Beating ‘brute force’

“Hyperpolarized bio-molecules can be injected into patients and travel to tumor sites where they can be monitored in real-time using MRI, or hyperpolarized gases could be inhaled for MRI imaging of the lungs and their function.”

Research team leader Lloyd Hollenberg, the University of Melbourne’s chair of physics, says their quantum technology approach to hyperpolarization is relatively simple in terms of the equipment involved, and has the potential to produce clinically relevant amounts of contrast agents at very high polarization level.

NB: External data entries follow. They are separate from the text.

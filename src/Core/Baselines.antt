-- ===== src/Core/Baselines.antt =====
-- internal/core: what the invariant says of one stored run.
use clausa_lens.Prelude.{String, true, none, some, ◌≡◌, arith, ok, string_eq, lookup, eq_sound}
use clausa_lens.Contracts.RunEnums.{
  RunType, RunStatus, Outcome, run_type_eq, run_status_eq, outcome_eq,
}
use clausa_lens.Contracts.Run.{ReplayRun}
use clausa_lens.Contracts.RunCheck.{validate_run, verdict_passes}
use clausa_lens.Core.Store.{Store}
use clausa_lens.Core.Runs.{eligible_baseline}
use clausa_lens.Core.Steps.{Reached}
use clausa_lens.Core.Reach.{Reached-RunsWellFormed}

-- What a what-if run `r` needs of its baseline `b`.
pub record Allows (r b : ReplayRun) : Type 0 where
  pub kind : b.run_type ≡ RunType.baseline
  pub status : b.status ≡ RunStatus.completed
  pub outcome : b.outcome ≡ Outcome.reproduced
  pub isolated : verdict_passes b.isolation_evidence ≡ true
  pub capsule_id : b.capsule_id ≡ r.capsule_id
  pub capsule_hash : b.capsule_hash ≡ r.capsule_hash
  pub unchanged : b.intervention ≡ none

eligible_baseline-Allows : (r b : ReplayRun) → eligible_baseline r b ≡ true → Allows r b
unfolding eligible_baseline
eligible_baseline-Allows r b h = record {
  kind = ground arith;
  status = ground arith;
  outcome = ground arith;
  isolated = ground arith;
  capsule_id = eq_sound b.capsule_id r.capsule_id (ground arith);
  capsule_hash = eq_sound b.capsule_hash r.capsule_hash (ground arith);
  unchanged = ground arith;
}

module _ (host_of : String → String) where
  -- A run that stands in a reachable store, resets included, passes the contract's validator and stands
  -- under its own id.
  pub Reached-valid :
      {s : Store} (id : String) {r : ReplayRun}
      → Reached host_of s
      → lookup id s.runs ≡ some r
      → (r.run_id ≡ id) × (validate_run host_of r ≡ ok tt)
  Reached-valid id {r} reached at =
      let w = Reached-RunsWellFormed host_of reached in (w.keyed id r at, w.valid id r at)

  -- A what-if run that stands in a reachable store, whatever happened since it was created, has its
  -- baseline in the store: a BASELINE run of the same capsule and digest, with no intervention, that is
  -- COMPLETED and REPRODUCED with passing isolation evidence.
  pub Reached-baseline :
      {s : Store} (id : String) {r : ReplayRun}
      → Reached host_of s
      → lookup id s.runs ≡ some r
      → r.run_type ≡ RunType.what_if
      → (b : ReplayRun) × (lookup r.baseline_run_id s.runs ≡ some b) × Allows r b
  Reached-baseline id {r} reached at kind =
      let w = Reached-RunsWellFormed host_of reached in
      let (b, there, fits) = w.baseline id r at kind in
      (b, there, eligible_baseline-Allows r b fits)
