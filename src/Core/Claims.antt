-- ===== src/Core/Claims.antt =====
-- internal/core/lease.go: one claim of a run, whatever is called after it.
use clausa_lens.Prelude.{
  ℕ, ◌≤◌, String, Bool, true, false, some, ◌≡◌, ap, arith, ok, err, ◌==◌, string_eq, lookup, insert,
  lookup-insert, eq_sound, eq_refl, Bool-cases, inl, inr,
}
use clausa_lens.Contracts.RunEnums.{RunStatus, run_status_eq}
use clausa_lens.Contracts.Run.{ReplayRun}
use clausa_lens.Contracts.Lifecycle.{progress, can_transition-progress}
use clausa_lens.Core.Store.{Store, invalid_lifecycle}
use clausa_lens.Core.Lease.{claim_run}
use clausa_lens.Core.Steps.{
  Step, Steps, ingest, incident, capsule, put, transition, diff, claim, renew, here, next,
}
use clausa_lens.Core.Ready.{
  put_run-shape, transition_run-Replaces, claim_run-Claims, same_status, Claims,
}
use clausa_lens.Core.Reach.{
  ingest_event-runs, put_incident-runs, put_capsule-runs, put_diff-runs, renew_lease-runs,
}

-- The run of an id is there, at `n` or later in its life.
pub record AtLeast (n : ℕ) (id : String) (s : Store) : Type 0 where
  pub run : ReplayRun
  pub at : lookup id s.runs ≡ some run
  pub reached : n ≤ progress run.status

keep : {n : ℕ} {id : String} {s t : Store} → AtLeast n id s → t.runs ≡ s.runs → AtLeast n id t
keep a e = record { run = a.run; at = rw e a.at; reached = a.reached }

-- A run is written over: by one that has come further, if it is this run.
overwrite :
    {n : ℕ} {id : String} {s t : Store} (k : String) (q : ReplayRun)
    → AtLeast n id s
    → t.runs ≡ insert k q s.runs
    → ((k == id) ≡ true → n ≤ progress q.status)
    → AtLeast n id t
overwrite {id} {s} k q a e further = elim (Bool-cases (k == id)) [
  | inl same ↦ record { run = q; at = rw e (rw lookup-insert (rw same)); reached = further same }
  | inr other ↦ record {
    run = a.run;
    at = rw e (rw lookup-insert (rw other a.at));
    reached = a.reached;
  }
]

claimed_AtLeast :
    {id : String} {r : ReplayRun} {s t : Store}
    → Claims id r s t
    → r.status ≡ RunStatus.validating
    → AtLeast 1 id t
claimed_AtLeast {id} {r} c ends = record {
  run = r;
  at = rw c.runs (rw lookup-insert (rw eq_refl));
  reached = omega (arith, ap progress ends);
}

module _ (host_of : String → String) where
  -- No call takes a run back.
  Step-AtLeast :
      {n : ℕ} {id : String} {s t : Store} → Step host_of s t → AtLeast n id s → AtLeast n id t
  Step-AtLeast {s} {t} (ingest ctx e h) a = keep a (ingest_event-runs ctx e s t h)
  Step-AtLeast {s} {t} (incident ctx i g h) a = keep a (put_incident-runs ctx i g s t h)
  Step-AtLeast {s} {t} (capsule ctx c h) a = keep a (put_capsule-runs ctx c s t h)
  Step-AtLeast {s} {t} (diff ctx d h) a = keep a (put_diff-runs ctx d s t h)
  Step-AtLeast {s} {t} (renew ctx now k lease h) a = keep a (renew_lease-runs ctx now k lease s t h)
  Step-AtLeast {id} {s} {t} (put ctx r h) a =
      let (valid, fresh, authorized, becomes) = put_run-shape host_of ctx r s t h in
      overwrite r.run_id r a (ap (λ (x : Store). x.runs) becomes)
        (λ same. absurd (cc (rw (eq_sound r.run_id id same) at fresh, a.at)))
  Step-AtLeast {id} {s} {t} (transition ctx from r h) a =
      let x = transition_run-Replaces host_of ctx from r s t h in
      overwrite r.run_id r a (ap (λ (x : Store). x.runs) x.becomes) (λ same.
        let mine : x.old ≡ a.run = cc (rw (eq_sound r.run_id id same) at x.at, a.at) in
        let starts = rw mine at (same_status from x.old r x.same) in
        let later = (can_transition-progress from r.status x.legal).0 in
        omega (arith, ap progress starts, a.reached, later))
  Step-AtLeast {id} {s} {t} (claim ctx now k lease r h) a =
      let c = claim_run-Claims ctx now k lease r s t h in
      overwrite k r a c.runs (λ same.
        let mine : c.old ≡ a.run = cc (rw (eq_sound k id same) at c.at, a.at) in
        let starts = rw mine at c.new in
        let ends : r.status ≡ RunStatus.validating = ap (λ (q : ReplayRun). q.status) c.claimed in
        omega (arith, ap progress starts, ap progress ends, a.reached))

  Steps-AtLeast :
      {n : ℕ} {id : String} {s t : Store} → Steps host_of s t → AtLeast n id s → AtLeast n id t
  Steps-AtLeast here a = a
  Steps-AtLeast (next before call) a = Step-AtLeast call (Steps-AtLeast before a)

  -- After a successful claim of a run, and any successful calls but a reset, every further claim of
  -- it with a live context is refused as an invalid lifecycle.
  pub claim_once :
      (ctx : Bool) (now : ℕ) (id : String) (lease : ℕ) (r : ReplayRun) (s t u : Store)
      → claim_run ctx now id lease s ≡ ok (t, r)
      → Steps host_of t u
      → (now' lease' : ℕ) → claim_run false now' id lease' u ≡ err invalid_lifecycle
  unfolding claim_run
  claim_once ctx now id lease r s t u h calls now' lease' =
      let c = claim_run-Claims ctx now id lease r s t h in
      let ends : r.status ≡ RunStatus.validating = ap (λ (q : ReplayRun). q.status) c.claimed in
      let a = Steps-AtLeast calls (claimed_AtLeast c ends) in rw a.at (ground (arith, a.reached))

Typical “brute force” approaches to hyperpolarization of the nuclear spins in contrast agent molecules involve placing the sample in very high magnetic fields at very low temperatures – the higher the field, the more spins line up. At room temperature in an MRI machine at the largest magnetic fields considered safe, the level of polarization is extremely low—perhaps 1 spin per million—and dictates the resolution limit of MRI.

“In our experiment, we achieved a polarization level of around 50 percent for polymer molecules on the diamond surface—this is the first time it has been achieved using the diamond-based quantum technology,” says Hollenberg.

“To put it in context, achieving the same level of polarization by brute force we’d need to increase the power of a typical MRI field by a factor of 100,000, and you’re only going to find fields like that in a neutron star.”

While other techniques for hyperpolarization do exist, Hollenberg says the required infrastructure can rival the cost of the MRI machine itself.

Indeed, team member and PhD student David Broadway says their technique “achieves excellent results using fridge magnets and some atomic-level quantum mechanics”.

Green NV systems

That bit of quantum mechanics refers to the remarkable quantum properties of a naturally occurring defect in the lattice of diamond crystals known as the nitrogen-vacancy center (NV). What makes the NV defect special is that the spin of electrons inside the defect are quantum mechanical and can be lined up, or polarized, by illuminating it with a green laser.

“We optimize how the polarized NV center talks to, and effectively transfers its spin state to, the nuclear spins of molecules outside the diamond to line them up.

“In a sense, the quantum probe extracts random spin disorder from the (“hot”) target molecules to produce a (“cold”) spin-aligned state,” say. Hall, who came up with the theoretical concept.

To create a better clock, apply this quantum ‘magic trick’

Hall says this quantum mechanical transfer, which was demonstrated using a single quantum NV defect, could be used for solutions of bio-molecules passed over a green-lit diamond sheet containing many of these NV systems.

“Because we don’t modify the contrast agents beyond the polarization of their nuclear spins, this process doesn’t affect the biology or the physiology of a person in any way,” says Hall.

The key challenge now is for the researchers to scale-up the “quantum hyperpolarization” system to create sufficient volumes of contrasting agent molecules without the hyperpolarizing quantum NV probes being too closely packed and disrupting each other.

“If we can tick that box, we can then think about polarizing volumes of MRI contrast agents to a high level for use in MRI scanners found in research labs and hospitals,” says Hollenberg.